We can, however, rewrite the first term: $x = \dfrac{1}{1/x}$. We do this because $\displaystyle{\lim_{x\to 0^+} {1/x} \to \infty}$, and so when we consider the entire expression $x \ln x =\dfrac{1}{1/x} \ln x $ we have $$\lim_{x\to 0^+} x \ln x = \lim_{x\to 0^+} \frac{\ln x}{\frac{1}{x}} \to \dfrac{-\infty}{\infty}$$ and so we can use L’Hôpital’s Rule.

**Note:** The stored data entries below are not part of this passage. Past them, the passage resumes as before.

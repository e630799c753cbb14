-- ===== src/Media/Tests.antt =====
-- Runs of internal/media/status.go, and a theorem at an input: a show that is released on the day
-- after Monday 2026-08-17.
use text.Mathlib.Text.{◌==◌ as str_eq}
use sajni_api.Prelude.{◌+◌, ◌<◌, ◌≡◌, ◌↔◌, ◌||◌, true, some, arith, refl}
use sajni_api.Calendar.{year, month_index, find_month, days_before_year}
use sajni_api.Calendar.Text.{format_date}
use sajni_api.Calendar.Kolkata.{monday}
use sajni_api.Media.{complete, pending, upcoming, normalize_status, resolve_status}
use sajni_api.Media.Resolved.{resolve_status-upcoming}

normalize-done : normalize_status "done" ≡ some complete
unfolding normalize_status
normalize-done = refl

resolve_status-upcoming_example :
    (resolve_status "show" pending (format_date (monday + 1)) monday ≡ upcoming)
    ↔ (((str_eq "show" "movie" || str_eq "show" "show") ≡ true) × (monday < monday + 1))
unfolding year month_index find_month days_before_year
resolve_status-upcoming_example =
    resolve_status-upcoming "show" pending (monday + 1) monday (omega arith) (omega arith)
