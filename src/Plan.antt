-- ===== src/Plan.antt =====
-- internal/plan/plan.go: weekly plans, with `On`, `At`, `Next` and `Occurrence` in this file. `scan` is
-- `fmt.Sscanf` with "%d:%d", which reads the hours and minutes of a start time.
pub mod First
pub mod Landing
pub mod Input
pub mod Saved
pub mod AddTask
mod Tests
mod TaskTests
use text.Mathlib.Text.{◌==◌ as str_eq}
use sajni_api.Prelude.{
  ℕ, zero, suc, ◌+◌, ◌*◌, ◌==◌, Bool, true, false, ◌&&◌, ◌||◌, Option, none, some, List, [], ◌∷◌,
  String, ltb, if◌then◌else◌, Result, ok, err, contains,
}
use sajni_api.Prelude.Int.{pos}
use sajni_api.Calendar.{weekday}
use sajni_api.Calendar.Text.{Text, parse_date, format_date}
use sajni_api.Calendar.Zone.{Zone, local_day, at}
use sajni_api.Reminder.Next.{add_date, is_empty}

-- `plans`, without the times of its creation and its last change.
pub record PlanRow : Type 0 where
  pub id : ℕ
  pub user_id : String
  pub name : Text
  pub color : Text
  pub weekdays : List ℕ
  pub start_time : Text
  pub notify : Bool
  pub next_alert_at : Option ℕ
  pub alert_claimed_until : Option ℕ

pub data PlanError : Type 0 where
  not_found bad_date wrong_day no_days : PlanError
  no_task no_name long_name bad_color bad_weekday no_weekday bad_start : PlanError

-- `On`
unfoldable pub on : List ℕ → ℕ → Bool
on weekdays d = contains weekdays (weekday d)

-- `Get`
unfoldable pub get : String → ℕ → List PlanRow → Option PlanRow
get uid id [] = none
get uid id (row ∷ rows) =
    if str_eq row.user_id uid && (row.id == id) then some row else get uid id rows

-- What `Occurrence` returns for the plan's next start.
unfoldable pub next_one : Zone → Option ℕ → Result PlanError (Text × ℕ)
next_one loc none = err no_days
next_one loc (some t) = ok (format_date (local_day loc t), t)

module _ (scan : Text → ℕ × ℕ) where
  unfoldable pub start_clock : Text → ℕ
  start_clock text = let (h, m) = scan text in (h * 60 + m) * 60000000000

  -- `At`
  unfoldable pub start_at : Text → ℕ → Zone → ℕ
  start_at text d loc = at loc d (start_clock text)

  -- The loop of `Next` from day `i` on, with the rounds that are left.
  unfoldable pub next_day : List ℕ → Text → Zone → ℕ → ℕ → ℕ → Option ℕ
  next_day weekdays text loc after zero i = none
  next_day weekdays text loc after (suc left) i =
      let rest = next_day weekdays text loc after left (i + 1) in
      let d = local_day loc (add_date loc after (pos i)) in
      let time = start_at text d loc in if on weekdays d && ltb after time then some time else rest

  unfoldable pub next : List ℕ → Text → Zone → ℕ → Option ℕ
  next weekdays text loc after = next_day weekdays text loc after 8 0

  -- `Occurrence` of a plan on a given date.
  unfoldable pub given_day : PlanRow → Zone → Text → Option ℕ → Result PlanError (Text × ℕ)
  given_day row loc date none = err bad_date
  given_day row loc date (some day) =
      let d = local_day loc (at loc day 0) in
      if on row.weekdays d then ok (date, start_at row.start_time d loc) else err wrong_day

  unfoldable pub occurrence :
      Zone → ℕ → String → ℕ → Text → List PlanRow → Result PlanError (Text × ℕ)
  occurrence loc now uid id date rows = elim (get uid id rows) [
    | none ↦ err not_found
    | some row ↦
        if is_empty date
        then next_one loc (next row.weekdays row.start_time loc now)
        else given_day row loc date (parse_date date)
  ]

\begin{align*} \lim_{x\to 0^+} x \ln x &= \lim_{x\to 0^+} \frac{\ln x}{\frac{1}{x}} \\ \\ &= \lim_{x\to 0^+} \frac{\frac{d}{dx}(\ln x)}{\frac{d}{dx}(\frac{1}{x})} \\ \\ &= \lim_{x\to 0^+} \frac{(\frac{1}{x})}{-\frac{1}{x^2}} \\ \\ &= \lim_{x\to 0^+} (-x) = 0 \quad \cmark \end{align*}

$$\lim_{x\to \infty} x^2 e^{-x} \to \infty \cdot 0$$ so we cannot use L’Hôpital’s Rule to immediately evaluate this limit.

We can, however, rewrite the second term: $e^{-x} = \dfrac{1}{e^x}$. We then have $$\lim_{x\to \infty} x^2 e^{-x} = \lim_{x\to \infty} \frac{x^2}{e^x}$$ which is in the form $\dfrac{\infty}{\infty}$ and so we can use L’Hôpital’s Rule. \begin{align*} \lim_{x\to \infty} x^2 e^{-x} &= \lim_{x\to \infty} \frac{x^2}{e^x} \\ \\ &= \lim_{x\to \infty} \frac{\frac{d}{dx}(x^2)}{\frac{d}{dx}(e^x)} \\ \\ &= \lim_{x\to \infty} \frac{2x}{e^x} \end{align*} This is again in the form $\dfrac{\infty}{\infty}$, so let’s again use L’Hôpital’s Rule:
\begin{align*} \phantom{\lim_{x\to \infty} x^2 e^{-x}} &= \lim_{x\to \infty} \frac{\frac{d}{dx}(2x)}{\frac{d}{dx}(e^x)} \\ \\ &= \lim_{x\to \infty} \frac{2}{e^x} \\ \\ &= 0 \quad \cmark \end{align*}

$$\lim_{x\to 0}\left(\frac{1}{x} – \frac{1}{\sin x} \right) \to \infty – \infty$$ so we cannot immediately use L’Hôpital’s Rule.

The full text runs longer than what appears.